What do the test results mean?

Ask your healthcare provider when you should expect results from amniocentesis. This may take days or weeks.

A positive result means the test found a genetic abnormality or other problem. You may be contacted by your healthcare provider, genetic counselor, or obstetric genetics specialist.

They will review the results with you so you can see what they mean. You may need to make decisions about treatment or other actions based on the results.

How accurate is amniocentesis?

Amniocentesis is very accurate. In fact, it’s close to 100%.

It can detect many health conditions, but not all. Therefore, a negative amniocentesis does not guarantee that your baby will be born healthy. It only looks for very specific conditions and problems.

What can’t amniocentesis detect?

Amniocentesis cannot detect all birth defects and health problems.

For example, it will not find structural problems such as heart problems, cleft lip or cleft palate. However, ultrasound can detect many structural defects.

Some preliminary research suggests that amniocentesis may be able to detect autism spectrum disorder (ASD) based on testosterone levels. Further research, however, has had mixed results.

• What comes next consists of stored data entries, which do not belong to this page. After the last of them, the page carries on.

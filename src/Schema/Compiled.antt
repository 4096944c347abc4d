-- ===== src/Schema/Compiled.antt =====
-- The operators that the schema offers for a column are those that the resolver compiles.
use graphpost.Prelude.{
  ℕ, String, List, [], ◌∷◌, Bool, ◌≡◌, refl, length, All, All-append, ◌⊎◌, inl, inr,
}
use graphpost.Json.{Value, bool, arr, Items, cons, elements}
use graphpost.Resolver.Columns.{
  Encoders, infix_operator, json_operator, typed_operator, membership, numbered_params,
  column_operator,
}
use graphpost.Schema.{
  GqlType, boolean_type, list_type, string_type, int_type, float_type, bigint_type, uuid_type,
  date_type, timestamp_type, ColumnInfo, InputField,
}
use graphpost.Schema.Filters.{
  Comparison, string_comparison, int_comparison, float_comparison, boolean_comparison,
  bigint_comparison, uuid_comparison, timestamp_comparison, date_comparison, jsonb_comparison,
  enum_comparison, ordered_fields, pattern_fields, comparison_fields, get_comparison_type,
}

-- The values that the GraphQL library gives for an argument of a type, but for null and the empty list;
-- of the scalars only the Boolean's form matters.
abbrev pub Fits : GqlType → Value → Type 0
Fits boolean_type v = (b : Bool) × (v ≡ bool b)
Fits (list_type t) v = (x : Value) × ((xs : Items) × (v ≡ arr (cons x xs)))
Fits t v = Unit

-- A field stands in a list of fields.
abbrev pub Among : InputField → List InputField → Type 0
Among f [] = ⊥
Among f (g ∷ gs) = (g ≡ f) ⊎ Among f gs

All-Among :
    (P : InputField → Type 0) (f : InputField) (l : List InputField) → All P l → Among f l → P f
All-Among P f [] h m = absurd m
All-Among P f (g ∷ gs) h (inl e) = rw (← e) h.0
All-Among P f (g ∷ gs) h (inr m) = All-Among P f gs h.1 m

module _ (enc : Encoders) (column : String) where
  -- Every value of the operator's type becomes exactly one condition.
  abbrev IsCompiled : InputField → Type 0
  IsCompiled (op, t) =
      (v : Value) (i : ℕ) → Fits t v → length (column_operator enc column op v i).0 ≡ 1

  ordered_fields-IsCompiled : (t : GqlType) → All IsCompiled (ordered_fields t)
  unfolding column_operator infix_operator json_operator typed_operator membership numbered_params
      elements
  ordered_fields-IsCompiled t = (
    λ v i h. refl,
    (
      λ v i h. refl,
      (
        λ v i h. refl,
        (
          λ v i h. refl,
          (
            λ v i h. refl,
            (
              λ v i h. refl,
              (λ v i h. rw h.1.1 refl, (λ v i h. rw h.1.1 refl, (λ v i h. rw h.1 refl, tt))),
            ),
          ),
        ),
      ),
    ),
  )

  pattern_fields-IsCompiled : All IsCompiled pattern_fields
  unfolding column_operator infix_operator
  pattern_fields-IsCompiled = (
    λ v i h. refl,
    (
      λ v i h. refl,
      (
        λ v i h. refl,
        (
          λ v i h. refl,
          (
            λ v i h. refl,
            (λ v i h. refl, (λ v i h. refl, (λ v i h. refl, (λ v i h. refl, (λ v i h. refl, tt))))),
          ),
        ),
      ),
    ),
  )

  comparison_fields-IsCompiled : (c : Comparison) → All IsCompiled (comparison_fields c)
  unfolding comparison_fields column_operator infix_operator json_operator typed_operator membership
      numbered_params elements
  comparison_fields-IsCompiled string_comparison =
      All-append IsCompiled (ordered_fields string_type) pattern_fields
        (ordered_fields-IsCompiled string_type) pattern_fields-IsCompiled
  comparison_fields-IsCompiled int_comparison = ordered_fields-IsCompiled int_type
  comparison_fields-IsCompiled float_comparison = ordered_fields-IsCompiled float_type
  comparison_fields-IsCompiled boolean_comparison =
      (λ v i h. refl, (λ v i h. refl, (λ v i h. rw h.1 refl, tt)))
  comparison_fields-IsCompiled bigint_comparison = ordered_fields-IsCompiled bigint_type
  comparison_fields-IsCompiled uuid_comparison = ordered_fields-IsCompiled uuid_type
  comparison_fields-IsCompiled timestamp_comparison = ordered_fields-IsCompiled timestamp_type
  comparison_fields-IsCompiled date_comparison = ordered_fields-IsCompiled date_type
  comparison_fields-IsCompiled jsonb_comparison = (
    λ v i h. refl,
    (
      λ v i h. refl,
      (
        λ v i h. rw h.1 refl,
        (
          λ v i h. refl,
          (λ v i h. refl, (λ v i h. refl, (λ v i h. rw h.1.1 refl, (λ v i h. rw h.1.1 refl, tt)))),
        ),
      ),
    ),
  )
  comparison_fields-IsCompiled (enum_comparison name) = (
    λ v i h. refl,
    (λ v i h. refl, (λ v i h. rw h.1.1 refl, (λ v i h. rw h.1.1 refl, (λ v i h. rw h.1 refl, tt)))),
  )

  -- Whatever the type of a column, the resolver compiles every operator that the schema offers for it,
  -- with every value of the operator's type but null and the empty list, to exactly one condition.
  pub get_comparison_type-compiled :
      (enums : List String) (col : ColumnInfo) (op : String) (t : GqlType) (v : Value) (i : ℕ)
      → Among (op, t) (comparison_fields (get_comparison_type enums col))
      → Fits t v
      → length (column_operator enc column op v i).0 ≡ 1
  get_comparison_type-compiled enums col op t v i offered fits =
      All-Among IsCompiled (op, t) (comparison_fields (get_comparison_type enums col))
        (comparison_fields-IsCompiled (get_comparison_type enums col)) offered v i fits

Therefore, currently, this test is not used to diagnose ASD.

Risks of amniocentesis

Amniocentesis has some risks. These include:

  • cramp
  • Bleeding / leaking of amniotic fluid from the vagina or puncture site
  • Infect
  • premature birth
  • abortion

The risk of miscarriage after amniocentesis in the second trimester is less than 1%. This is a slightly increased risk than normal.

The risk is higher before the 18th week of pregnancy. Many health care providers will not perform this test until then.

Depending on your health or other factors, you may be at additional risk.

Signs of miscarriage after amniocentesis

  • vaginal spots
  • abdominal pain or cramping
  • fluid or tissue from the vagina

Feel free to contact your healthcare provider if you experience vaginal bleeding during pregnancy.


Amniocentesis is a highly accurate test. It involves drawing amniotic fluid and testing it for genetic conditions and other problems. It is also used to determine gender and lung development.

A positive result means the test found something. Your healthcare provider can explain what this means.

This test slightly increases your risk of certain complications, such as miscarriage and premature birth. Report any signs to your healthcare provider immediately.


  • put you at ease

  • Set aside time to prepare for children with special needs

  • More accurate than screening tests


  • time consuming

  • Can be expensive (depending on your insurance)

  • Minor risk of miscarriage or preterm birth

VigorTip words

If your healthcare provider recommends an amniocentesis, you need to decide whether or not to have it. up to you.

You can decide that the minimum risk is worth it for peace of mind or to give you time to prepare. On the other hand, you might decide that the test isn’t worth it because it won’t change your pregnancy or your preparations.

Rest assured, many parents have made the same decision as you. This is a very personal choice you should make with your family and medical team.

Frequently Asked Questions

  • How painful is amniocentesis?

    Usually not painful. You may feel uncomfortable during the test. After that, you may experience cramps similar to your period. If you are concerned about injury to the amniocentesis needle, ask if your abdomen will be numb before inserting the needle.

  • How much does amniocentesis cost?

    Amniocentesis can cost anywhere from a few hundred dollars to several thousand dollars. It depends on where you did it. Insurance usually pays for all or most of the cost of the test. Be sure to check before the exam so you won’t be surprised when the bill comes.

  • Can I choose not to have an amniocentesis?

    Yes, choosing not to have amniocentesis is a valid option. This is a very personal decision and should be made by you and your partner or family member and your healthcare provider.